Кондрат умер в начале семидесятых, не старым еще, но изношенным жизнью и водкой.
— Когда умру, не хороните меня рядом с ним, — завещала Мелания. — Всю жизнь с нелюбимым прожила, не хочу и в земле рядом лежать.
Она пережила его ненадолго. Тоска съедала ее изнутри, как червь. Она так и не дождалась ни отца, ни братьев. Дом, ради которого принесла себя в жертву, стоял, но был ли он того стоил? Эта пустота, это одиночество, эта несбывшаяся надежда?
Дети не послушали ее. Похоронили рядом с отцом, посчитав последнюю волю блажью уставшей от жизни старухи.
Вскоре после ее смерти село пришло в упадок. Молодежь разъехалась. Дом, которому было уже под семьдесят лет, ветшал, крыша просела, стены покосились. Зоя уехала последней. Остался лишь пустырь, заросший бурьяном и молодыми подсолнухами, проросшими из случайно оброненных семян.
В конце восьмидесятых, когда ветры переменились, Игнат, уже седой и больной, получил письмо. Из далекого края. От дяди. Один из братьев матери, Тихон, был жив. Выжил в лагерях, обосновался, обзавелся семьей. Искал родных.
Игнат долго смотрел на конверт, потом медленно, с усилием, смял его и выбросил в окно, под проливной осенний дождь.
— От кого? — спросила жена.
— От родни дальней. Не нужно оно нам.
— Но ведь родня… Может, ответить?
— Какая родня? — горько усмехнулся он. — Мы не их породы. Нас даже родная мать всерьез не принимала. Мы — дети Кондрата. Дети рыбака. Этим все сказано.

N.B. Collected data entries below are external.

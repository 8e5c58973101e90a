-- ===== src/Main.antt =====
-- src/main.c: the arguments, the directories of the configured files, and how main joins the
-- settings, the log and the master. What the system answers is a parameter. The first argument, the
-- name of the program, is left out; the limits of the process, whose failures main passes over, are
-- not modelled.
pub mod Arguments
pub mod Directories
pub mod Defaults
pub mod Serving
pub mod Signals
pub mod Shutdown
mod Tests
use nx_lite.Base.{
  ℕ, ◌-◌, Bool, true, false, not, ◌&&◌, ◌||◌, Option, none, some, List, [], ◌∷◌, ◌++◌, leb, ◌==◌,
  if◌then◌else◌, length, take, Bytes, codes, strcmp_eq, strrchr,
}
use nx_lite.Config.{ℤ, pos, Settings, config_load}
use nx_lite.Log.{Log, initial_log, log_init, log_cleanup}
use nx_lite.Master.{
  Master, SetUp, InitResult, ready, refused, master_init, Fork, Second, Waited, master_run,
  master_cleanup,
}

-- What the arguments ask for: to run with that file, in development mode or not; the usage text, and
-- 0; or the usage text for an unknown option, and 1.
pub data Command : Type 0 where
  run_with : Bytes → Bool → Command
  show_usage : Command
  unknown_option : Bytes → Command

abbrev pub is_option : Bytes → Bool
is_option [] = false
is_option (c ∷ s) = c == b'-'

abbrev pub is_development : Bytes → Bool
is_development arg = strcmp_eq arg (codes "-d") || strcmp_eq arg (codes "--dev")

abbrev pub is_help : Bytes → Bool
is_help arg = strcmp_eq arg (codes "-h") || strcmp_eq arg (codes "--help")

-- for (i = 1; i < argc; i++), with the file and the mode so far
unfoldable pub scan_arguments : List Bytes → Bytes → Bool → Command
scan_arguments [] file development = run_with file development
scan_arguments (arg ∷ args) file development =
    let rest =
      scan_arguments args (if is_development arg then file else arg)
        (if is_development arg then true else development) in
    if is_development arg
    then rest
    else if is_help arg
    then show_usage
    else if not (is_option arg)
    then rest
    else unknown_option arg

unfoldable pub parse_arguments : List Bytes → Command
unfolding scan_arguments
parse_arguments args = scan_arguments args (codes "config/server.conf") false

-- The paths that stat finds, and whether mkdir succeeds for a path when those are found.
pub record FileSystem : Type 0 where
  pub found : Bytes → Bool
  pub mkdir : List Bytes → Bytes → Bool

-- A path that is there, or was created: the newest in front.
abbrev pub is_member : Bytes → List Bytes → Bool
is_member p [] = false
is_member p (q ∷ qs) = strcmp_eq q p || is_member p qs

abbrev pub exists_in : FileSystem → List Bytes → Bytes → Bool
exists_in fs made p = fs.found p || is_member p made

-- The directories created, and whether the function goes on.
unfoldable pub make_directory : FileSystem → Bytes → List Bytes → List Bytes × Bool
make_directory fs p made =
    if exists_in fs made p
    then (made, true)
    else if fs.mkdir made p
    then (p ∷ made, true)
    else (made, false)

-- One byte of the path: at a slash, the directory in front of it.
unfoldable pub visit : FileSystem → Bytes → ℕ → List Bytes → List Bytes × Bool
unfolding make_directory
visit fs front c made =
    if c == b'/' && not (length front == 0) then make_directory fs front made else (made, true)

-- while (*p), with the part of the path in front of p and the part from p on
unfoldable pub make_ancestors : FileSystem → Bytes → Bytes → List Bytes → List Bytes × Bool
unfolding visit
make_ancestors fs front [] made = (made, true)
make_ancestors fs front (c ∷ s) made =
    let (made', more) = visit fs front c made in
    elim more [ true ↦ make_ancestors fs (front ++ c ∷ []) s made' | false ↦ (made', false) ]

-- The directory of a path: what is in front of its last slash.
unfoldable pub directory_of : Bytes → Option Bytes
directory_of path = elim (strrchr path b'/') [ none ↦ none | some n ↦ some (take n path) ]

-- The directories created, the newest in front.
unfoldable pub ensure_directories_exist : FileSystem → Bytes → List Bytes → List Bytes
unfolding directory_of make_ancestors make_directory
ensure_directories_exist fs path made = elim (directory_of path) [
  | none ↦ made
  | some dir ↦
      if length dir == 0
      then made
      else let (made', more) = make_ancestors fs [] dir made in
        elim more [ true ↦ (make_directory fs dir made').0 | false ↦ made' ]
]

-- The settings that config_get_instance gives before anything is loaded.
abbrev pub zero_settings : Settings
zero_settings = record {
  port = pos 0;
  worker_count = pos 0;
  root_dir = [];
  log_file = [];
  max_connections = pos 0;
  keep_alive_timeout = pos 0;
  development_mode = false;
}

-- What the system answers: the path behind a file, the content of a file and, with the directories
-- that were created, that of the log, or none if it cannot be opened, and the calls of master_init.
pub record System : Type 0 where
  pub file_system : FileSystem
  pub realpath : Bytes → Option Bytes
  pub content : Bytes → Option Bytes
  pub log_content : List Bytes → Bytes → Option Bytes
  pub socket_calls : SetUp

-- main returns, or runs the master.
pub data Outcome : Type 0 where
  returns : ℕ → Outcome
  runs : Settings → Log → Master → Outcome

-- The log, with the directories that were created for it and for the served files.
unfoldable pub open_log : System → Settings → Log × Bool
unfolding ensure_directories_exist log_init
open_log sys s =
    let made =
      ensure_directories_exist sys.file_system s.root_dir
        (ensure_directories_exist sys.file_system s.log_file []) in
    log_init (sys.log_content made s.log_file) initial_log

abbrev pub with_master : Settings → Log → InitResult → Outcome
with_master s log (refused closed) = returns 1
with_master s log (ready m) = runs s log m

-- From ensure_directories_exist on.
unfoldable pub open_server : System → Settings → Outcome
open_server sys s =
    let log = open_log sys s in
    if log.1
    then with_master s log.0 (master_init sys.socket_calls s.port s.worker_count)
    else returns 1

abbrev pub set_mode : Bool → Settings → Settings
set_mode development s = if development then record s { development_mode = true } else s

-- The settings main runs with, or none if it returns 1 before.
unfoldable pub load_settings : System → Bytes → Bool → Option Settings
load_settings sys file development = elim (sys.realpath file) [
  | none ↦ none
  | some path ↦ elim (config_load (sys.content path) zero_settings) [
    | none ↦ none
    | some s ↦ some (set_mode development s)
  ]
]

unfoldable pub run_file : System → Bytes → Bool → Outcome
unfolding load_settings open_server
run_file sys file development = elim (load_settings sys file development) [
  | none ↦ returns 1
  | some s ↦ open_server sys s
]

unfoldable pub start : System → List Bytes → Outcome
unfolding parse_arguments run_file
start sys args = elim (parse_arguments args) [
  | run_with file development ↦ run_file sys file development
  | show_usage ↦ returns 0
  | unknown_option arg ↦ returns 1
]

-- From master_run on: the master and the log at the end.
abbrev pub finish :
    List Fork
    → List Second
    → List (List (ℕ × Option ℕ) × (ℕ → Waited))
    → Log
    → Master
    → Master × Log
finish forks seconds passes log m =
    (master_cleanup (master_run forks seconds passes m), log_cleanup log)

Жена молча обняла его за плечи.
— Обещай мне, Игнат… Обещай, что никогда не принесешь в жертву наших детей. Ни ради дома, ни ради памяти, ни ради каких бы то ни было призрачных надежд. Ничто не может быть дороже счастья быть вместе с теми, кого любишь. Твоя мать… она принесла себя в жертву дому, который все равно исчез. И дождалась лишь одиночества и тоски. Кто знает, как сложилась бы ее жизнь, если бы она уехала тогда с отцом? Может, нашла бы свое счастье в другом месте, с другими людьми…

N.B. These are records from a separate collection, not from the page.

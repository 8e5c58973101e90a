-- ===== src/Main/Defaults.antt =====
-- What main of src/main.c does with a configuration that leaves settings out.
use nx_lite.Base.{
  ℕ, zero, suc, ◌≡◌, refl, sym, subst, ◌∙◌, ap, inl, inr, Bool, true, false, Option, none, some,
  List, [], ◌∷◌, length, Bytes, arith, Bool-cases, Option-cases, codes, strcmp_eq, if◌then◌else◌,
  All,
}
use nx_lite.Config.{
  ℤ, pos, Settings, set_value, is_skipped, scan_line, trim_whitespace, parse_config_line, fgets,
  load_lines, config_load,
}
use nx_lite.Config.Reload.{load_lines-step, load_lines-end, Bytes-cases}
use nx_lite.Master.{SetUp, master_init, refused}
use nx_lite.Main.{
  zero_settings, System, returns, open_server, load_settings, run_file, open_log, with_master,
  set_mode,
}

-- The lines that config_load reads.
unfoldable pub lines : ℕ → Bytes → List Bytes
lines zero text = []
lines (suc fuel) text =
    let (line, rest) = fgets 511 text in elim line [ [] ↦ [] | c ∷ t ↦ (c ∷ t) ∷ lines fuel rest ]

-- Whether a line has a value for the key.
abbrev pub names_key : Bytes → Option (Bytes × Bytes) → Bool
names_key key none = false
names_key key (some (name, value)) = strcmp_eq (trim_whitespace name) key

abbrev pub sets_key : Bytes → Bytes → Bool
sets_key key line = if is_skipped line then false else names_key key (scan_line line)

set_value-worker_count :
    (key value : Bytes) (s : Settings)
    → strcmp_eq key (codes "worker_processes") ≡ false
    → (set_value key value s).worker_count ≡ s.worker_count
unfolding set_value
set_value-worker_count key value s h = rw h (ground arith)

parse_config_line-worker_count :
    (line : Bytes) (s : Settings)
    → sets_key (codes "worker_processes") line ≡ false
    → (parse_config_line line s).worker_count ≡ s.worker_count
unfolding parse_config_line
parse_config_line-worker_count line s h = elim (Bool-cases (is_skipped line)) [
  | inl e ↦ rw e refl
  | inr e ↦ elim (Option-cases (scan_line line)) [
    | inl none_read ↦ simp (parse_config_line, e, none_read) refl
    | inr ((name, value), read) ↦
        let other : strcmp_eq (trim_whitespace name) (codes "worker_processes") ≡ false =
          sym (
            subst
              (λ o.
                sets_key (codes "worker_processes") line ≡ names_key (codes "worker_processes") o)
              read
              (subst
                (λ b.
                  (if b then false else names_key (codes "worker_processes") (scan_line line))
                  ≡ names_key (codes "worker_processes") (scan_line line))
                (sym e) refl))
          ∙ h in
        simp (parse_config_line, e, read)
          (set_value-worker_count (trim_whitespace name) (trim_whitespace value) s other)
  ]
]

lines-step :
    (fuel c : ℕ) (t text : Bytes)
    → (fgets 511 text).0 ≡ c ∷ t
    → lines (suc fuel) text ≡ (c ∷ t) ∷ lines fuel (fgets 511 text).1
unfolding lines
lines-step fuel c t text e = simp (lines, e) refl

load_lines-worker_count :
    (fuel : ℕ) (text : Bytes) (s : Settings)
    → All (λ line. sets_key (codes "worker_processes") line ≡ false) (lines fuel text)
    → (load_lines fuel text s).worker_count ≡ s.worker_count
unfolding load_lines
load_lines-worker_count zero text s h = refl
load_lines-worker_count (suc fuel) text s h = elim (Bytes-cases (fgets 511 text).0) [
  | inl e ↦ ap (λ (r : Settings). r.worker_count) (load_lines-end (suc fuel) text s e)
  | inr (c, t, e) ↦
      let (first, others) =
        subst (All (λ line. sets_key (codes "worker_processes") line ≡ false))
          (lines-step fuel c t text e) h in
      ap (λ (r : Settings). r.worker_count) (load_lines-step fuel c t text s e)
      ∙ load_lines-worker_count fuel (fgets 511 text).1 (parse_config_line (c ∷ t) s) others
      ∙ parse_config_line-worker_count (c ∷ t) s first
]

no_workers : (s : SetUp) (port : ℤ) → master_init s port (pos 0) ≡ refused []
unfolding master_init
no_workers s port = refl

open_server-no_workers :
    (sys : System) (s : Settings) → s.worker_count ≡ pos 0 → open_server sys s ≡ returns 1
unfolding open_server
open_server-no_workers sys s h =
    elim (open_log sys s).1
      as (λ b.
        (if b
          then with_master s (open_log sys s).0 (master_init sys.socket_calls s.port s.worker_count)
          else returns 1)
        ≡ returns 1) [
          | true ↦
              ap (λ n. with_master s (open_log sys s).0 (master_init sys.socket_calls s.port n)) h
              ∙ ap (with_master s (open_log sys s).0) (no_workers sys.socket_calls s.port)
          | false ↦ refl
        ]

-- The program does not start from a configuration file that does not name the number of workers,
-- whatever else the file says and the system answers: main returns 1.
unnamed_worker_count_fails :
    (sys : System) (file path text : Bytes) (development : Bool)
    → sys.realpath file ≡ some path
    → sys.content path ≡ some text
    → All (λ line. sets_key (codes "worker_processes") line ≡ false) (lines (length text) text)
    → run_file sys file development ≡ returns 1
unfolding run_file load_settings config_load
unnamed_worker_count_fails sys file path text development found read unnamed =
    let loaded = load_lines (length text) text zero_settings in
    let settings : load_settings sys file development ≡ some (set_mode development loaded) =
      simp (load_settings, found, read) refl in
    let no_count : (set_mode development loaded).worker_count ≡ pos 0 =
      ground (arith, load_lines-worker_count (length text) text zero_settings unnamed) in
    simp (run_file, settings) (open_server-no_workers sys (set_mode development loaded) no_count)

— Никто не знает, — тихо ответил Игнат, глядя в окно, где дождь смывал в грязь смятый листок с адресом давно потерянного дяди. — Никто не знает. Но я обещаю. Наши дети не будут платить такую цену за призраки прошлого.

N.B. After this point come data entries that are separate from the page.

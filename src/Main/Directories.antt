-- ===== src/Main/Directories.antt =====
-- About ensure_directories_exist of src/main.c.
use nx_lite.Base.{
  ℕ, ◌≡◌, refl, sym, subst, ap, inl, inr, Bool, true, false, not, ◌&&◌, ◌||◌, some, List, [], ◌∷◌,
  ◌++◌, ◌==◌, length, append_assoc, append-nil, ◌<◌, Bytes, strcmp_eq, strcmp_eq_refl, arith,
  Bool-cases,
}
use nx_lite.Main.{
  FileSystem, is_member, exists_in, make_directory, visit, make_ancestors, directory_of,
  ensure_directories_exist,
}

-- mkdir never fails.
abbrev pub MakesAll : FileSystem → Type 0
MakesAll fs = (made : List Bytes) (p : Bytes) → fs.mkdir made p ≡ true

-- What is there stays there.
abbrev Grows : FileSystem → List Bytes → List Bytes → Type 0
Grows fs made made' = (p : Bytes) → exists_in fs made p ≡ true → exists_in fs made' p ≡ true

or_true : (b c : Bool) → c ≡ true → (b || c) ≡ true
or_true true c e = refl
or_true false c e = e

exists_in-cons :
    (fs : FileSystem) (made : List Bytes) (p q : Bytes)
    → exists_in fs made p ≡ true
    → exists_in fs (q ∷ made) p ≡ true
exists_in-cons fs made p q e = elim (Bool-cases (fs.found p)) [
  | inl found ↦ rw found refl
  | inr absent ↦ ground (arith, e, absent, or_true (strcmp_eq q p) (is_member p made))
]

exists_in-new : (fs : FileSystem) (made : List Bytes) (p : Bytes) → exists_in fs (p ∷ made) p ≡ true
exists_in-new fs made p = or_true (fs.found p) _ (rw (strcmp_eq_refl p) refl)

-- The directory is there now, as is all that was there, and the caller goes on.
abbrev Makes : FileSystem → Bytes → List Bytes → List Bytes × Bool → Type 0
Makes fs p made r = (r.1 ≡ true) × (exists_in fs r.0 p ≡ true) × Grows fs made r.0

make_directory-there :
    (fs : FileSystem) (p : Bytes) (made : List Bytes)
    → exists_in fs made p ≡ true
    → make_directory fs p made ≡ (made, true)
unfolding make_directory
make_directory-there fs p made there = rw there refl

make_directory-absent :
    (fs : FileSystem) (p : Bytes) (made : List Bytes)
    → MakesAll fs
    → exists_in fs made p ≡ false
    → make_directory fs p made ≡ (p ∷ made, true)
unfolding make_directory
make_directory-absent fs p made all absent = rw (absent, all made p) refl

make_directory-Makes :
    (fs : FileSystem) (p : Bytes) (made : List Bytes)
    → MakesAll fs
    → Makes fs p made (make_directory fs p made)
make_directory-Makes fs p made all = elim (Bool-cases (exists_in fs made p)) [
  | inl there ↦
      subst (Makes fs p made) (sym (make_directory-there fs p made there)) (refl, there, λ q e. e)
  | inr absent ↦
      subst (Makes fs p made) (sym (make_directory-absent fs p made all absent))
        (refl, exists_in-new fs made p, λ q e. exists_in-cons fs made q p e)
]

visit-goes_on :
    (fs : FileSystem) (front : Bytes) (c : ℕ) (made : List Bytes)
    → MakesAll fs
    → ((visit fs front c made).1 ≡ true) × Grows fs made (visit fs front c made).0
unfolding visit
visit-goes_on fs front c made all = elim (Bool-cases (c == b'/' && not (length front == 0))) [
  | inl slash ↦
      let (goes, there, grows) = make_directory-Makes fs front made all in rw slash (goes, grows)
  | inr other ↦ rw other (refl, λ q e. e)
]

make_ancestors-step :
    (fs : FileSystem) (front : Bytes) (c : ℕ) (s : Bytes) (made : List Bytes)
    → (visit fs front c made).1 ≡ true
    → make_ancestors fs front (c ∷ s) made
      ≡ make_ancestors fs (front ++ c ∷ []) s (visit fs front c made).0
unfolding make_ancestors
make_ancestors-step fs front c s made e = simp (make_ancestors, e) refl

make_ancestors-Grows :
    (fs : FileSystem) (front s : Bytes) (made : List Bytes)
    → MakesAll fs
    → ((make_ancestors fs front s made).1 ≡ true) × Grows fs made (make_ancestors fs front s made).0
make_ancestors-Grows fs front [] made all =
    (unfold make_ancestors in refl, λ q e. unfold make_ancestors in e)
make_ancestors-Grows fs front (c ∷ s) made all =
    let (goes, grows) = visit-goes_on fs front c made all in
    let (later, more) = make_ancestors-Grows fs (front ++ c ∷ []) s (visit fs front c made).0 all in
    subst (λ (r : List Bytes × Bool). (r.1 ≡ true) × Grows fs made r.0)
      (sym (make_ancestors-step fs front c s made goes)) (later, λ q e. more q (grows q e))

make_ancestors-exist :
    (fs : FileSystem) (front a b : Bytes) (made : List Bytes)
    → MakesAll fs
    → 0 < length (front ++ a)
    → exists_in fs (make_ancestors fs front (a ++ b'/' ∷ b) made).0 (front ++ a) ≡ true
make_ancestors-exist fs front [] b made all long =
    let (goes, grows) = visit-goes_on fs front b'/' made all in
    let (later, more) =
      make_ancestors-Grows fs (front ++ b'/' ∷ []) b (visit fs front b'/' made).0 all in
    let named : (length front == 0) ≡ false = ground (arith, long, ap length (append-nil front)) in
    let there : exists_in fs (visit fs front b'/' made).0 front ≡ true =
      unfold visit in rw named (make_directory-Makes fs front made all).1 in
    subst (λ p. exists_in fs (make_ancestors fs front (b'/' ∷ b) made).0 p ≡ true)
      (sym (append-nil front))
      (subst (λ (r : List Bytes × Bool). exists_in fs r.0 front ≡ true)
        (sym (make_ancestors-step fs front b'/' b made goes)) (more front there))
make_ancestors-exist fs front (c ∷ a) b made all long =
    let (goes, grows) = visit-goes_on fs front c made all in
    subst (λ (r : List Bytes × Bool). exists_in fs r.0 (front ++ c ∷ a) ≡ true)
      (sym (make_ancestors-step fs front c (a ++ b'/' ∷ b) made goes))
      (subst
        (λ p.
          exists_in fs
            (make_ancestors fs (front ++ c ∷ []) (a ++ b'/' ∷ b) (visit fs front c made).0).0 p
          ≡ true)
        (append_assoc front (c ∷ []) a)
        (make_ancestors-exist fs (front ++ c ∷ []) a b (visit fs front c made).0 all
          (subst (λ p. 0 < length p) (sym (append_assoc front (c ∷ []) a)) long)))

ensure_directories_exist-named :
    (fs : FileSystem) (path dir : Bytes) (made : List Bytes)
    → MakesAll fs
    → directory_of path ≡ some dir
    → 0 < length dir
    → ensure_directories_exist fs path made
      ≡ (make_directory fs dir (make_ancestors fs [] dir made).0).0
unfolding ensure_directories_exist
ensure_directories_exist-named fs path dir made all e long =
    let named : (length dir == 0) ≡ false = ground (arith, long) in
    simp (ensure_directories_exist, e, named, (make_ancestors-Grows fs [] dir made all).0) refl

-- Where mkdir does not fail, the directory of a path is there afterwards, and so is each directory
-- above it, and all that was there before.
directories_exist :
    (fs : FileSystem) (path dir : Bytes) (made : List Bytes)
    → MakesAll fs
    → directory_of path ≡ some dir
    → 0 < length dir
    → (exists_in fs (ensure_directories_exist fs path made) dir ≡ true)
      × ((a b : Bytes)
          → dir ≡ a ++ b'/' ∷ b
          → 0 < length a
          → exists_in fs (ensure_directories_exist fs path made) a ≡ true)
      × ((p : Bytes)
          → exists_in fs made p ≡ true
          → exists_in fs (ensure_directories_exist fs path made) p ≡ true)
directories_exist fs path dir made all e long =
    let (goes, there, grows) = make_directory-Makes fs dir (make_ancestors fs [] dir made).0 all in
    let same = ensure_directories_exist-named fs path dir made all e long in
    (
      subst (λ xs. exists_in fs xs dir ≡ true) (sym same) there,
      λ a b split named.
          subst (λ xs. exists_in fs xs a ≡ true) (sym same)
            (grows a (
              subst (λ d. exists_in fs (make_ancestors fs [] d made).0 a ≡ true) (sym split)
                (make_ancestors-exist fs [] a b made all named))),
      λ p before.
          subst (λ xs. exists_in fs xs p ≡ true) (sym same)
            (grows p ((make_ancestors-Grows fs [] dir made all).1 p before)),
    )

Он взял ее руку, и в его глазах, впервые за долгое время, появилось что-то похожее на покой. Потому что правда была проста и беспощадна: надо жить в настоящем, любить тех, кто рядом, и не питать иллюзий. Не строить свою жизнь на фундаменте из пепла несбывшихся надежд. И пусть на пустыре, где когда-то стоял дом, каждое лето цветут подсолнухи — яркие, жизнеутверждающие, тянущиеся к солнцу. Они ничего не помнят. Они просто живут. Здесь и сейчас.